What is being asked: Count the lines below that contain "Placement". Give only the number.

(Beginning of Supplied entries)

-- ===== src/Dashboard/Clients/Quality.antt =====
-- Panels of the tab "Data Quality" of `build_dashboard`, scripts/build_openwrt_clients_dashboard.py.
use openwrt_grafana_monitor.Prelude.{List, [], false, none, pos, some, true, ◌++◌, ◌∷◌}
use openwrt_grafana_monitor.Text.{codes}
use openwrt_grafana_monitor.Dashboard.Clients.Mappings.{
  local_mac_mappings, offload_mappings, truncation_mappings,
}
use openwrt_grafana_monitor.Dashboard.Panels.Values.{bargauge, stat}
use openwrt_grafana_monitor.Dashboard.Clients.Base.{
  client_filter, field_override, regexp_override, wifi_client_filter, wifi_signal_by_mac,
}
use openwrt_grafana_monitor.Dashboard.Styles.Mappings.{availability_mappings}
use openwrt_grafana_monitor.Dashboard.Json.{dict, list, lit, number, ◌⇒◌}
use openwrt_grafana_monitor.Dashboard.Queries.{organize, prom_query, tf}
use openwrt_grafana_monitor.Dashboard.Styles.{prom_filter}
use openwrt_grafana_monitor.Dashboard.Panels.Tables.{table}
use openwrt_grafana_monitor.Dashboard.Builder.{text_panel}
use openwrt_grafana_monitor.Dashboard.Assemble.{Placement, on_grid}

unfoldable pub client_quality : List Placement
client_quality =
    on_grid
      (some (
        text_panel (pos 300) [] (
          codes
            "## Data quality\nCollector state, joinability, and identity gaps are surfaced as first-class values. A missing join or collector is not treated as a healthy zero.")))
      0 0 24 3
    ∷ on_grid
        (some (
          table (pos 301) (codes "Collector Availability")
            ((prom_query
                (codes "openwrt_client_inventory_collector_available{"
                  ++ (prom_filter ++ codes "}"))
                [] (codes "A") (codes "table") true)
              ∷ (prom_query
                  (codes "node_scrape_collector_success{"
                    ++ (prom_filter ++ codes ", collector=\"client_inventory\"}"))
                  [] (codes "B") (codes "table") true)
              ∷ (prom_query
                  (codes "openwrt_client_inventory_truncated{" ++ (prom_filter ++ codes "}")) []
                  (codes "C") (codes "table") true)
              ∷ (prom_query (codes "openwrt_flow_offload_enabled{" ++ (prom_filter ++ codes "}")) []
                  (codes "D") (codes "table") true)
              ∷ [])
            (codes
              "Raw availability and offload-state series needed to trust or reject the client dashboard values.")
            (some (
              (tf (codes "merge") none)
              ∷ (organize
                  (some (
                    (codes "Time")
                    ∷ (codes "__name__")
                    ∷ (codes "cluster")
                    ∷ (codes "endpoint")
                    ∷ (codes "instance")
                    ∷ (codes "job")
                    ∷ (codes "namespace")
                    ∷ (codes "prometheus")
                    ∷ (codes "prometheus_replica")
                    ∷ (codes "service")
                    ∷ []))
                  (some (
                    "mode" ⇒ (lit "Offload Mode")
                    ∷ "collector" ⇒ (lit "Collector")
                    ∷ "router" ⇒ (lit "Router")
                    ∷ "Value #A" ⇒ (lit "Inventory Available")
                    ∷ "Value #B" ⇒ (lit "Scrape Success")
                    ∷ "Value #C" ⇒ (lit "Truncated")
                    ∷ "Value #D" ⇒ (lit "Offload Enabled")
                    ∷ []))
                  (some (
                    "Router" ⇒ (number 0)
                    ∷ "Collector" ⇒ (number 1)
                    ∷ "Offload Mode" ⇒ (number 2)
                    ∷ "Inventory Available" ⇒ (number 3)
                    ∷ "Scrape Success" ⇒ (number 4)
                    ∷ "Truncated" ⇒ (number 5)
                    ∷ "Offload Enabled" ⇒ (number 6)
                    ∷ [])))
              ∷ []))
            (some (
              (regexp_override (codes "/Inventory Available|Scrape Success/") (
                (dict (
                  "id" ⇒ (lit "custom.cellOptions")
                  ∷ "value" ⇒ (dict ("type" ⇒ (lit "color-background") ∷ []))
                  ∷ []))
                ∷ (dict ("id" ⇒ (lit "mappings") ∷ "value" ⇒ (list availability_mappings) ∷ []))
                ∷ []))
              ∷ (field_override (codes "Truncated") (
                  (dict (
                    "id" ⇒ (lit "custom.cellOptions")
                    ∷ "value" ⇒ (dict ("type" ⇒ (lit "color-background") ∷ []))
                    ∷ []))
                  ∷ (dict ("id" ⇒ (lit "mappings") ∷ "value" ⇒ (list truncation_mappings) ∷ []))
                  ∷ []))
              ∷ (field_override (codes "Offload Enabled") (
                  (dict (
                    "id" ⇒ (lit "custom.cellOptions")
                    ∷ "value" ⇒ (dict ("type" ⇒ (lit "color-background") ∷ []))
                    ∷ []))
                  ∷ (dict ("id" ⇒ (lit "mappings") ∷ "value" ⇒ (list offload_mappings) ∷ []))
                  ∷ []))
              ∷ []))
            (some (codes "Router")) false))
        0 3 24 8
    ∷ on_grid
        (stat (pos 302) (codes "No Hostname")
          (codes "count(openwrt_client_info{"
            ++ (client_filter ++ codes ", hostname=~\"unknown_.*\"}) or vector(0)"))
          (codes "none")
          (codes
            "Clients without a usable hostname remain visible in the inventory and retain MAC-keyed nlbwmon traffic accounting.")
          [] (codes "neutral") none true none (codes "value") (codes "Unavailable"))
        0 11 4 4
    ∷ on_grid
        (stat (pos 303) (codes "Randomized / Local")
          (codes "count(openwrt_client_info{"
            ++ (client_filter ++ codes ", mac_type=\"local\"}) or vector(0)"))
          (codes "none")
          (codes
            "Clients using a locally administered MAC address. This includes privacy-randomized and synthetic addresses.")
          [] (codes "neutral") none true none (codes "value") (codes "Unavailable"))
        4 11 4 4
    ∷ on_grid
        (stat (pos 304) (codes "Missing IP")
          (codes "count(openwrt_client_info{"
            ++ (client_filter ++ codes ", ip=\"\"}) or vector(0)"))
          (codes "none")
          (codes "Inventory rows without an IPv4 address. This should remain low and explicit.") []
          (codes "neutral") none true none (codes "value") (codes "Unavailable"))
        8 11 4 4
    ∷ on_grid
        (stat (pos 305) (codes "WiFi Missing SSID")
          (codes "count(openwrt_client_info{"
            ++ (wifi_client_filter ++ codes ", ssid=\"\"}) or vector(0)"))
          (codes "none") (codes "WiFi clients whose association data is missing an SSID.") []
          (codes "neutral") none true none (codes "value") (codes "Unavailable"))
        12 11 4 4
    ∷ on_grid
        (stat (pos 306) (codes "WiFi Missing Band")
          (codes "count(openwrt_client_info{"
            ++ (wifi_client_filter ++ codes ", band=\"\"}) or vector(0)"))
          (codes "none") (codes "WiFi clients whose association data is missing a radio band.") []
          (codes "neutral") none true none (codes "value") (codes "Unavailable"))
        16 11 4 4
    ∷ on_grid
        (stat (pos 307) (codes "No Signal Join")
          (codes "count(openwrt_client_info{"
            ++ (wifi_client_filter
                ++ (codes "} unless on(mac) " ++ (wifi_signal_by_mac ++ codes ") or vector(0)"))))
          (codes "none")
          (codes
            "Associated WiFi clients without a matching signal sample after MAC-case normalization.")
          [] (codes "neutral") none true none (codes "value") (codes "Unavailable"))
        20 11 4 4
    ∷ on_grid
        (bargauge (pos 308) (codes "IPv6 Address Count")
          ((prom_query
              (codes "openwrt_client_ipv6_addresses{"
                ++ (prom_filter
                    ++ (codes "} * on(mac) group_left(hostname) openwrt_client_info{"
                        ++ (client_filter ++ codes "}"))))
              (codes "{{hostname}}") (codes "A") (codes "time_series") false)
            ∷ [])
          (codes "none")
          (codes
            "IPv6 presence is counted, not exposed as address labels, avoiding privacy-address churn.")
          (codes "neutral") none none (codes "thresholds")
          (some ((tf (codes "limit") (some ("limitField" ⇒ (number 25) ∷ []))) ∷ [])) none false)
        0 15 12 7
    ∷ on_grid
        (bargauge (pos 309) (codes "Local MAC Clients")
          ((prom_query
              (codes "openwrt_client_info{" ++ (client_filter ++ codes ", mac_type=\"local\"}"))
              (codes "{{hostname}}") (codes "A") (codes "time_series") false)
            ∷ [])
          (codes "none")
          (codes
            "Clients flagged by mac_type=local. This replaces OUI/vendor lookup and avoids fingerprinting randomised addresses.")
          (codes "neutral") (some local_mac_mappings) none (codes "thresholds")
          (some ((tf (codes "limit") (some ("limitField" ⇒ (number 25) ∷ []))) ∷ [])) none false)
        12 15 12 7
    ∷ []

(End of Supplied entries)

Result for this exercise: 2